- What is expected: Lines from the top of the listing down to the one with "λ _ i x _ h. inl", inclusive, are to be copied exactly.
********************
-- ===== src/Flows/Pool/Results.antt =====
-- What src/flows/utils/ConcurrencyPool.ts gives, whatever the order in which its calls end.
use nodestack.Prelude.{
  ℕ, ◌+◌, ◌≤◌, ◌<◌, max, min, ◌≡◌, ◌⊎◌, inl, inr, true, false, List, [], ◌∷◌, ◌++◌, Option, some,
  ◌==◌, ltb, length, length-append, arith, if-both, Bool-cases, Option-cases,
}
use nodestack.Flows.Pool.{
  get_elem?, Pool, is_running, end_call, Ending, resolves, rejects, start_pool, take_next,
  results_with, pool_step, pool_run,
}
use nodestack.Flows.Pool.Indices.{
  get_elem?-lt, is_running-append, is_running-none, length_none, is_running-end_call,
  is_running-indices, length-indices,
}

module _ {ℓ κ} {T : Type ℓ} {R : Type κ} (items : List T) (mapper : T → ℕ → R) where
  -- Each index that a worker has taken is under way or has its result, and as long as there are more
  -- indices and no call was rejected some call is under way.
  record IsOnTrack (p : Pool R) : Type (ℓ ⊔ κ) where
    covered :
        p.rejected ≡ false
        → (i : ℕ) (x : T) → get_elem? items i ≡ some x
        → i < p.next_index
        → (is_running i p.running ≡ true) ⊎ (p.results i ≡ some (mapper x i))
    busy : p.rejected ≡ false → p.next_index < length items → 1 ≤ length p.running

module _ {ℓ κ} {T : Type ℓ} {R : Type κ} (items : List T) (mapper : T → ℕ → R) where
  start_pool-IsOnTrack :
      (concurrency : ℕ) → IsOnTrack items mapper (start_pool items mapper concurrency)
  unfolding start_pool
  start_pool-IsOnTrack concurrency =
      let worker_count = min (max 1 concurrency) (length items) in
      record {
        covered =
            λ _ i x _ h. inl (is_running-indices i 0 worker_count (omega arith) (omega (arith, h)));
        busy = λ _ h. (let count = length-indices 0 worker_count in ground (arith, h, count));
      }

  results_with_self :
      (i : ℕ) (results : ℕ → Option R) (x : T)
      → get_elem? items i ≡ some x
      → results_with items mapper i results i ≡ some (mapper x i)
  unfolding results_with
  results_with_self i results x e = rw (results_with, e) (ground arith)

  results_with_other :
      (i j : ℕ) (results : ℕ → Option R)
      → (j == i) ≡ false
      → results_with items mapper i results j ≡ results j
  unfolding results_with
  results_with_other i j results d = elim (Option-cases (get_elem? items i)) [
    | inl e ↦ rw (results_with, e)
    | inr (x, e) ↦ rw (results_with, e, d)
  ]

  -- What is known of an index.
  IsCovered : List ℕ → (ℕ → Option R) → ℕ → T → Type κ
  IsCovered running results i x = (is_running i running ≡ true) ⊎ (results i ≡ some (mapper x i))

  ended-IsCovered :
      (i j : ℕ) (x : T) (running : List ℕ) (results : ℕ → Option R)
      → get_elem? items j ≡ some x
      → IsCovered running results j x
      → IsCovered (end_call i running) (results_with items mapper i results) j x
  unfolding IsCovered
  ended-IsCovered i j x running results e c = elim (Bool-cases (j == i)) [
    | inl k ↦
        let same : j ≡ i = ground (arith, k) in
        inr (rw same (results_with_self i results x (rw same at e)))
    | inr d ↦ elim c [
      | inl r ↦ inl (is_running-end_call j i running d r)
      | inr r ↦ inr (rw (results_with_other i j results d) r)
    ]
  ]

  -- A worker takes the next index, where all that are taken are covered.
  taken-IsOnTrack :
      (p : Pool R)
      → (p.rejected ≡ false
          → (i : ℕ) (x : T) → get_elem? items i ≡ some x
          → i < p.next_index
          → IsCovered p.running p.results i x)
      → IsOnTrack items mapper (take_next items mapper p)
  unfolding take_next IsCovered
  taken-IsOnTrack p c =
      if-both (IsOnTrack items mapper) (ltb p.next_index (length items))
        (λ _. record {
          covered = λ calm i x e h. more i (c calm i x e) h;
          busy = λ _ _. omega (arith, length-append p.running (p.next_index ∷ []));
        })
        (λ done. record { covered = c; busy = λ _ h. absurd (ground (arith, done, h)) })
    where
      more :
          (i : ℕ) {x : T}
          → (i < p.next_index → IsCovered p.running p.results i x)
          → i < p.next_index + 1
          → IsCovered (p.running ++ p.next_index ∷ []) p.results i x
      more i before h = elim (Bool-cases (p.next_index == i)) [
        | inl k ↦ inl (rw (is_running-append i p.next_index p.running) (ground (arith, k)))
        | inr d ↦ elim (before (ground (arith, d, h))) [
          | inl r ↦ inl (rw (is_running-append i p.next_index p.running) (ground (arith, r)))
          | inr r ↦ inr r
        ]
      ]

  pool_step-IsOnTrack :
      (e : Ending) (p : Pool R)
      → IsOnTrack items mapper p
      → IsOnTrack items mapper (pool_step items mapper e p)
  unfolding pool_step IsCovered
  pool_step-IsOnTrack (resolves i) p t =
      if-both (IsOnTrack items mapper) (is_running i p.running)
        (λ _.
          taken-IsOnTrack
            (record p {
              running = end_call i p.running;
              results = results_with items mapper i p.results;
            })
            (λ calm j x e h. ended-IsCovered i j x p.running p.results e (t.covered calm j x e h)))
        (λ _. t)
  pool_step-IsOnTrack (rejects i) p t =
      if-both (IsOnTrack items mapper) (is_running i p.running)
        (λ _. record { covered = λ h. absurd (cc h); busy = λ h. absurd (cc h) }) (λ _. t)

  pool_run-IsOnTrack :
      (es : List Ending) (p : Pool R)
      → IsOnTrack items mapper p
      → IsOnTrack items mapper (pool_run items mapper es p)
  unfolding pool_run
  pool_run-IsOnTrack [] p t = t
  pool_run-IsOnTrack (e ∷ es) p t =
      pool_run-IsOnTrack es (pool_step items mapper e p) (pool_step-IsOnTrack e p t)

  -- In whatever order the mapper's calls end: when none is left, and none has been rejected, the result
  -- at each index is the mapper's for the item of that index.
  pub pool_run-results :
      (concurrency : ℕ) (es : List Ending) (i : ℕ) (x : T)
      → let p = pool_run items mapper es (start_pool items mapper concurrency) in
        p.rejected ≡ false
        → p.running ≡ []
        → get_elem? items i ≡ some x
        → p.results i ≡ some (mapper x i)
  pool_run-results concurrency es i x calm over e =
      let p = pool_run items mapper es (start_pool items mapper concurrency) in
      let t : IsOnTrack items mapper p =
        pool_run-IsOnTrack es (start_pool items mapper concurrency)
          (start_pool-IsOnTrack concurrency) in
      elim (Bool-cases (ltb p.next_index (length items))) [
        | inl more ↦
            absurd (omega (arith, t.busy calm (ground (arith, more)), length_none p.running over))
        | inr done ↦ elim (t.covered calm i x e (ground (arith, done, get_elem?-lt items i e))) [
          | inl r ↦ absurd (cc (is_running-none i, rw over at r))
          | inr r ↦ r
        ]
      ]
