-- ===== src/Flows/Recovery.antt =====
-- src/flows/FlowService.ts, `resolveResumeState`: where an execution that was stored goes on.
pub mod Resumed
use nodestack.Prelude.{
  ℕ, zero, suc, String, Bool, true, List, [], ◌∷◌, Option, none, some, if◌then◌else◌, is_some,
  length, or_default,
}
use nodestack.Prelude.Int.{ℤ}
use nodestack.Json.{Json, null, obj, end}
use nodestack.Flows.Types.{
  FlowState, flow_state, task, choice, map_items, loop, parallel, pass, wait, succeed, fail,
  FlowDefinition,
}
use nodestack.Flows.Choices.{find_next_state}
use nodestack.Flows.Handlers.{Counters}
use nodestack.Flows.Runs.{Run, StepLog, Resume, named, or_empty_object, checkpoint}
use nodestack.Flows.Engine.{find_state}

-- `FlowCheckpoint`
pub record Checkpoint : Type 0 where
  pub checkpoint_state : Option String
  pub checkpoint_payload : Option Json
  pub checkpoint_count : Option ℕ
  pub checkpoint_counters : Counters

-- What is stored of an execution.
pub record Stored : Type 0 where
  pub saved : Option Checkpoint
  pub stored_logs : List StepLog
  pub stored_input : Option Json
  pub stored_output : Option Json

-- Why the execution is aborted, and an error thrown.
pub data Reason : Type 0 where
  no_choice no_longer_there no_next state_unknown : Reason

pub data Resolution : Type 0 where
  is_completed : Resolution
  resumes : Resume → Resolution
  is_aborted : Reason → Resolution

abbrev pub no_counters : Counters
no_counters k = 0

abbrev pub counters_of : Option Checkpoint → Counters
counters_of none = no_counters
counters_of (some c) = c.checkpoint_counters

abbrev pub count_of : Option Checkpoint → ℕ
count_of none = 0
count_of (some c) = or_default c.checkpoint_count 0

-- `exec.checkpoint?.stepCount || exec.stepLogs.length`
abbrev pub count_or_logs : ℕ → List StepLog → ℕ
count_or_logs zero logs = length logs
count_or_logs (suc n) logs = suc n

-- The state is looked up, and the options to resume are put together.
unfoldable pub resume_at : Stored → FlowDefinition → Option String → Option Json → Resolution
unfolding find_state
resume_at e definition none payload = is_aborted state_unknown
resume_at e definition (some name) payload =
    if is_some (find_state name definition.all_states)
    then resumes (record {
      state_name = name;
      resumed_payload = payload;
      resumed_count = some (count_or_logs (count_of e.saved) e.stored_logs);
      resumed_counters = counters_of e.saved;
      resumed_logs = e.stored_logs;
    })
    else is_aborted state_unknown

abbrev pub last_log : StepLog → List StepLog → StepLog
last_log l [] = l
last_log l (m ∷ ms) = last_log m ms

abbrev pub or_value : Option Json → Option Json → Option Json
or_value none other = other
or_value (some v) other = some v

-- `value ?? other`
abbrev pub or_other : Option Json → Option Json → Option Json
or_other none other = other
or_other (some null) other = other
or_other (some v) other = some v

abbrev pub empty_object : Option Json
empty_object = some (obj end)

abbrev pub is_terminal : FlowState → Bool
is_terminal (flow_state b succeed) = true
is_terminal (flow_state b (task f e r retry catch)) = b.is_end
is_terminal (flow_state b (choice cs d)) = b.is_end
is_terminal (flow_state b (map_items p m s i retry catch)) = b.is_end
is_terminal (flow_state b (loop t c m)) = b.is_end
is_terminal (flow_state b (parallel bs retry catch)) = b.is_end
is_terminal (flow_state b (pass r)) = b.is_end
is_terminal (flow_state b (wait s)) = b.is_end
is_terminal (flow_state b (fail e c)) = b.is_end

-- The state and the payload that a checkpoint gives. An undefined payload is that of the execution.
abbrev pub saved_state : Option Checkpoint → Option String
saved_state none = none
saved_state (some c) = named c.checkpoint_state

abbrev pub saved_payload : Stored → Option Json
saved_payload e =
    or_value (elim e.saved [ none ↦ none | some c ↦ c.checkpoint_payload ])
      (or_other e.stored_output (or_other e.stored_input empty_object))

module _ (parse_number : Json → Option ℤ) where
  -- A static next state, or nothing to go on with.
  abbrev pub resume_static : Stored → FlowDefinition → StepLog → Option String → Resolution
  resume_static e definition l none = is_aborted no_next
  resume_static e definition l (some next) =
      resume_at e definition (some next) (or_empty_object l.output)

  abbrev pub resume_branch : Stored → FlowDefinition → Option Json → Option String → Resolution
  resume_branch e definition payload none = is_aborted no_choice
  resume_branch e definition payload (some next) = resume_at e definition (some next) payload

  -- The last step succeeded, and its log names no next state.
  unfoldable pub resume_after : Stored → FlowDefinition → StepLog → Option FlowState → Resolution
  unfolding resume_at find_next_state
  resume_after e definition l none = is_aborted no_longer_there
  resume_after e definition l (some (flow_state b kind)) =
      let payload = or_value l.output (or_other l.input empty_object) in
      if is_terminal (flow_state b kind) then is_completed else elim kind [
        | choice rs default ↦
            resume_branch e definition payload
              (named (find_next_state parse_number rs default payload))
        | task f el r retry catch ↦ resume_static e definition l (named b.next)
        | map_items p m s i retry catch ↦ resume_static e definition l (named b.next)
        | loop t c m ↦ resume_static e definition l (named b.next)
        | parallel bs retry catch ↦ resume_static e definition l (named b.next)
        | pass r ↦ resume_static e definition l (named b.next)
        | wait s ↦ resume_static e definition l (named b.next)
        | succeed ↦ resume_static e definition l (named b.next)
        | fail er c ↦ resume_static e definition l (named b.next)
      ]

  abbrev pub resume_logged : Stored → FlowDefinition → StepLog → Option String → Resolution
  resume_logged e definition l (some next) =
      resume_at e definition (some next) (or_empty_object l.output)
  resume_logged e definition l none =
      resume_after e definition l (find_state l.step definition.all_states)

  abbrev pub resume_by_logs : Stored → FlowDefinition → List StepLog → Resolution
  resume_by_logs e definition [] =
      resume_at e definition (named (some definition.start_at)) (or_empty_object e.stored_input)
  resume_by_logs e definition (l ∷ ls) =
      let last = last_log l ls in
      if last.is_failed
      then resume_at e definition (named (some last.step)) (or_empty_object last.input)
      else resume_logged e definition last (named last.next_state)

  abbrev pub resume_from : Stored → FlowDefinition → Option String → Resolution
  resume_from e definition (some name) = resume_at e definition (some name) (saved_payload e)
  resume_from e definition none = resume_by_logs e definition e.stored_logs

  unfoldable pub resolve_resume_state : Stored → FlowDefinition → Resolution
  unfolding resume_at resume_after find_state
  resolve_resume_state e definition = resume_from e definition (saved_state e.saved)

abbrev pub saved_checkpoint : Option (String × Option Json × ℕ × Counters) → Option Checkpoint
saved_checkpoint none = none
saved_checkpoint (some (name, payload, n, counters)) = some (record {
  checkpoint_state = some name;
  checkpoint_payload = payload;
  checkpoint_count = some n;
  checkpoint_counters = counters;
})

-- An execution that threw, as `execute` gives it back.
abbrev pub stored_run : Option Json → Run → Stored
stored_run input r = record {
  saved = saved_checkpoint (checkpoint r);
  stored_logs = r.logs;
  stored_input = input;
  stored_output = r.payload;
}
********************
- Written answer:
-- ===== src/Flows/Pool/Results.antt =====
-- What src/flows/utils/ConcurrencyPool.ts gives, whatever the order in which its calls end.
use nodestack.Prelude.{
  ℕ, ◌+◌, ◌≤◌, ◌<◌, max, min, ◌≡◌, ◌⊎◌, inl, inr, true, false, List, [], ◌∷◌, ◌++◌, Option, some,
  ◌==◌, ltb, length, length-append, arith, if-both, Bool-cases, Option-cases,
}
use nodestack.Flows.Pool.{
  get_elem?, Pool, is_running, end_call, Ending, resolves, rejects, start_pool, take_next,
  results_with, pool_step, pool_run,
}
use nodestack.Flows.Pool.Indices.{
  get_elem?-lt, is_running-append, is_running-none, length_none, is_running-end_call,
  is_running-indices, length-indices,
}

module _ {ℓ κ} {T : Type ℓ} {R : Type κ} (items : List T) (mapper : T → ℕ → R) where
  -- Each index that a worker has taken is under way or has its result, and as long as there are more
  -- indices and no call was rejected some call is under way.
  record IsOnTrack (p : Pool R) : Type (ℓ ⊔ κ) where
    covered :
        p.rejected ≡ false
        → (i : ℕ) (x : T) → get_elem? items i ≡ some x
        → i < p.next_index
        → (is_running i p.running ≡ true) ⊎ (p.results i ≡ some (mapper x i))
    busy : p.rejected ≡ false → p.next_index < length items → 1 ≤ length p.running

module _ {ℓ κ} {T : Type ℓ} {R : Type κ} (items : List T) (mapper : T → ℕ → R) where
  start_pool-IsOnTrack :
      (concurrency : ℕ) → IsOnTrack items mapper (start_pool items mapper concurrency)
  unfolding start_pool
  start_pool-IsOnTrack concurrency =
      let worker_count = min (max 1 concurrency) (length items) in
      record {
        covered =
            λ _ i x _ h. inl (is_running-indices i 0 worker_count (omega arith) (omega (arith, h)));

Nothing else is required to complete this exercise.